I run a G6 and have found it to be a great filter, really easy to use and as you say it's great to look at if your into that sort of thing! On display there will be no better looker, and if your lax on the pipe cleaning then the non transparent piping is a good idea to hide unsightly build ups!

The media cartridges are quite expensive, but to be honest you can fill the chemical one with any cheaper products if you choose as the bottom clips off and you can replace the media. The pre-filter cartridges last a long long time, I have two and rotate them weekly at cleaning time. I ran my first ones for well over a year without clogging issues....Take one out and add the dried cleaned one from the previous week. 
They are quiet and give good flow, the G6 ideal for upto 200l planted tanks I'd say, the G3 probably max 100l going with the 10xturnover rule.
I have had an issue with flow drop off, which self corrected strangely, but during the problem It was difficult to contact customer services. Gary Nelson who created the above thread also had this issue and if you read the thread above you'll find he had quite a stressful time sorting the problem.....but it did get sorted in the end!
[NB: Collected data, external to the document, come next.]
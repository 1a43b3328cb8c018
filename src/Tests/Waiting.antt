-- ===== src/Tests/Waiting.antt =====
-- A server that waits for "ok": the order of Message stands in its incoming queue, and the response
-- comes later; and one that gets its exit.
use wimp.Prelude.{ℕ, true, refl, arith, none, some, [], ◌∷◌, ◌==◌, if◌then◌else◌}
use wimp.Prelude.Bytes.{Bytes, text_eq, le32}
use wimp.Memory.{Store, Cmd, done}
use wimp.Memory.Frame.{Item, Ends}
use wimp.Queue.{InstrQueue, create_instr_queue}
use wimp.Wire.{bundle_size}
use wimp.Wire.Bundle.{message}
use wimp.Server.{Server}
use wimp.Server.Counts.{Carries}
use wimp.Server.Wait.{wait_response}
use wimp.Server.Waiting.{Answered, wait_response-Answered}
use wimp.Tests.Message.{sender, receiver, order, payload, sender-IsName, receiver-IsName}
use wimp.Tests.Serving.{master}
use wimp.Tests.Stream.{length-exit}
use wimp.Reciever.{exit_text}

abbrev reply : Bytes
reply = 0x6f ∷ 0x6b ∷ []

abbrev order_node : Item
order_node = record { at = 1; instr = record { instruction = some 11; instruction_bytes = 17 } }

abbrev reply_node : Item
reply_node = record { at = 2; instr = record { instruction = some 12; instruction_bytes = 17 } }

abbrev memory : Store
memory = record {
  node = λ a. if a == 1 then some (record { instr = order_node.instr; nextnode = none }) else none;
  block = λ b. if b == 11 then some (message sender receiver order payload) else none;
  calls = [];
}

-- The memory with the response, and the queue with it.
abbrev with_reply : Store → Store
with_reply s = record s {
  node =
      λ a. if a == 2 then some (record { instr = reply_node.instr; nextnode = none }) else s.node a;
  block = λ b. if b == 12 then some (message sender receiver reply payload) else s.block b;
}

abbrev reciever : ℕ → InstrQueue → Cmd InstrQueue
reciever k q = λ s. done (record q { nextnode = some 2; backnode = some 2 }) (with_reply s)

abbrev expecting : Server
expecting = record master {
  incomingmsg = record {
    nextnode = some 1;
    backnode = some 1;
    datamutex = 4;
    nextmutex = 5;
    lowpriomutex = 6;
  };
}

-- The exit of the process stands in the queue instead.
abbrev exit_node : Item
exit_node = record { at = 2; instr = record { instruction = some 12; instruction_bytes = 17 } }

abbrev with_exit : Store
with_exit = record {
  node = λ a. if a == 2 then some (record { instr = exit_node.instr; nextnode = none }) else none;
  block = λ b. if b == 12 then some (message sender receiver exit_text []) else none;
  calls = [];
}

abbrev ending : Server
ending = record master {
  incomingmsg = record {
    nextnode = some 2;
    backnode = some 2;
    datamutex = 4;
    nextmutex = 5;
    lowpriomutex = 6;
  };
}

exit_node-Carries : Carries with_exit exit_node exit_text
unfolding message le32 bundle_size
exit_node-Carries = record {
  block_at = 12;
  process = sender;
  dest = receiver;
  args = [];
  names = (
    sender-IsName,
    receiver-IsName,
    ((λ e. cc, (λ e. cc, (λ e. cc, (λ e. cc, tt)))), omega arith),
  );
  small = omega (arith, length-exit);
  odd = refl;
  there = refl;
  instr = refl;
}

-- A server that waits for "ok" and gets its exit: the wait ends without a node.
wait_response-exit :
    Ends
      (wait_response reciever 7 8 9 1 3 ending reply with_exit)
      (Answered reciever true reply [] [] exit_node ending [] (create_instr_queue 7 8 9))
unfolding text_eq
wait_response-exit =
    wait_response-Answered reciever true reply [] [] exit_node 7 8 9 0 3 [] with_exit ending
      (record { front = refl; back = refl; linked = (refl, tt); distinct = (refl, tt) })
      (tt, exit_node-Carries, (λ e. refl)) tt (omega arith)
I run an inline heater with very little flow drop off which may be useful information for you if your considering adding external equipment.
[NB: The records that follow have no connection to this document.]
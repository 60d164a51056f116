-- ===== src/Lib.antt =====
-- A verification library for the core of the Nexus trade engine: the path of an order from the risk
-- checks over the live loop and the broker to its fills, and the engines beside it that decide how
-- much may be traded, which strategy may trade live, how capital is split and what is taxed.
--
-- The parts and the files that model them:
--   Oms: engine/core/oms. States has the statuses and `VALID_TRANSITIONS`, Events the broker's facts,
--     Order the immutable order with `apply_event`, Risk the ordered checks and `RiskGate.evaluate`,
--     Persistence the projection to a database row. An error is the `err` of an `Outcome`, and an
--     event returns a new order. Order/Steps puts every accepted event into one equation; Order/
--     History has sequences of events, Order/Average the average fill price.
--   Live: engine/core/live. KillSwitch is the switch that stops submissions and tells its
--     observers; Loop is `LiveLoop`, which asks the risk gate, calls the broker
--     (engine/core/brokers/base.py), engages the switch when the credentials fail, and applies the
--     broker's events to the orders it tracks. An operation takes the loop's state and gives the
--     state that it leaves, also when it raises.
--   RiskLimits: engine/core/risk_limits.py, the account-level gate: the circuit breaker, the caps,
--     the concentrations and the rolling limit on the number of orders.
--   Lifecycle: engine/core/strategy_lifecycle.py, the promotion of a strategy from draft to live.
--   Capital: engine/core/capital_allocation.py, the split of capital by largest remainders.
--   Tax: WashSale is engine/core/tax/wash_sale.py; Kest is engine/core/tax/reports/kest.py and
--     kest_carryover.py, the German tax and its carry-forward; Pfu is france_pfu.py and
--     pfu_carryover.py, the French one with its vintages, Cgt hmrc_cgt.py and cgt_carryover.py, the
--     British one; CapitalLoss is engine/core/tax/reports/carryover.py, the American one, and
--     Carryback is engine/core/tax/reports/section_1256_carryback.py.
--   Versioning: engine/core/strategy_versioning.py, the in-memory registry of a strategy's deployments
--     and the service on it. Updates and Rollback read an operation as a rewriting of every stored
--     version, Reach has the sequences of calls.
--   Portfolio: engine/core/portfolio.py with the lots of engine/core/cost_model.py. Consume is the
--     loop over the lots, Trades has the methods, Invariant and Sale what buys and sales do, Reach
--     the sequences of calls, Oldest the order in which FIFO takes the lots.
--   Signals: engine/core/signal_aggregator.py; Voted where its signals come from, Consensus what
--     strategies that agree decide.
--   OrderManager: engine/core/order_manager.py with risk_engine.py, in front of Portfolio. Risk has
--     the engine's checks, Reconcile a fill in the order and in the portfolio, Pipeline
--     `process_signal` and `continue_order`, whose attempts are bounded by the code's own cap; Daily
--     what the engine remembers, Units the position under a fill, Accounting, Continue and Signals
--     the books.
--   RateLimit: engine/api/rate_limit.py, the process-local token buckets and their eviction.
--   Ws: engine/api/ws. Ws is connection_manager.py with its two tables of rooms, Fanout and Upkeep
--     have its sending and its upkeep, Permissions and Channels are permissions.py and channels.py.
--     Reach has the steps, in any order, Shutdown and Closing the shutdown with what runs while it
--     waits, Delivery what a broadcast delivers, Subscriptions what subscribing and leaving do,
--     Access why a subscription fails.
--   Prelude: tests, lists, dicts, raised errors, integers, Python texts and floats.
--   Examples: concrete runs.
-- The loop owns the switch and the checks that the gate runs; the check of the switch reads the
-- loop's own, which is the process's. The order manager owns a portfolio and a risk engine. The gate
-- of RiskLimits, the lifecycle, the capital split and the tax engine do not call each other.
--
-- What stands for code outside of the repository: the decimal context's division and proration, the
-- text of a decimal, floats with their operations, the clock and what the broker or the backend
-- answers are parameters. What a theorem needs of them it asks for by name: `Rounds` for the division
-- (a quotient between two bounds is not rounded past them) and `Orders` for instants and a gate's
-- window.
-- Decimals are whole numbers of the smallest unit of their kind, so their sums, products and
-- comparisons are exact; the context's limit on digits is not modelled. An operation that runs under
-- a lock is one step. All loops run over lists or up to a bound of the code's, so no fuel is needed.
--
-- Not modelled: log lines, the metrics of the loop and the switch, and the constructors' defaults;
-- the listings and snapshots that only read a registry or a portfolio; of the rest of the repository
-- back-testing, statistics, the remaining tax reports, plugins, market data, and the web (but for the
-- rate limiter and the WebSocket connections), database and client layers.
pub mod Prelude
pub mod Oms
pub mod Live
pub mod RiskLimits
pub mod Lifecycle
pub mod Capital
pub mod Tax
pub mod Versioning
pub mod Ws
pub mod Portfolio
pub mod OrderManager
pub mod Signals
pub mod RateLimit
pub mod Examples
All in all I love mine, they are expensive but the ease of maintenance is a godsend and makes filter cleaning much less of a chore, I'd highly recommend them, but as with anything they can go wrong!

Cheerio,
Ady


----------



## callmephathead (21 Jan 2013)

Thank you so much Ady, exactly what I needed.
Ludo


----------



## TallDragon (31 Dec 2014)

Ady34 said:


> Hi,
> There's quite an extensive thread here:
> Thinking of getting a Fluval G6 (media questions...) | UK Aquatic Plant Society
> There are more which can be easily found using the search function at the top right of the forum page, but this is the most comprehensive by far.
> ...


Ady, is the flow controllable electronically in the G3 like the Eheim pro 3e? I am considering it for a 50l tank, but may move up to an 84l in a few years. I'd be happy to have a filter that would run for years and years. 50l tank would sit on desk, not in cabinet! (Cabinet+bigger tank will come when kids are bigger. )
Cheap alternative would be an Eden 511 or 521, or a Dennerle scaper's flow. Any thoughts?


----------



## Ady34 (12 Jan 2015)

Hi TallDragon,
no the flow control is manual on the G6. Id look at something smaller or electronically controlled tbh for a 50l unless your trying to future proof for a larger tank eventually. There is always the G3 model which has a lesser turnover and is a smaller unit (not too much of a saving on price though, £50 i think).
Cheerio,
Ady.


----------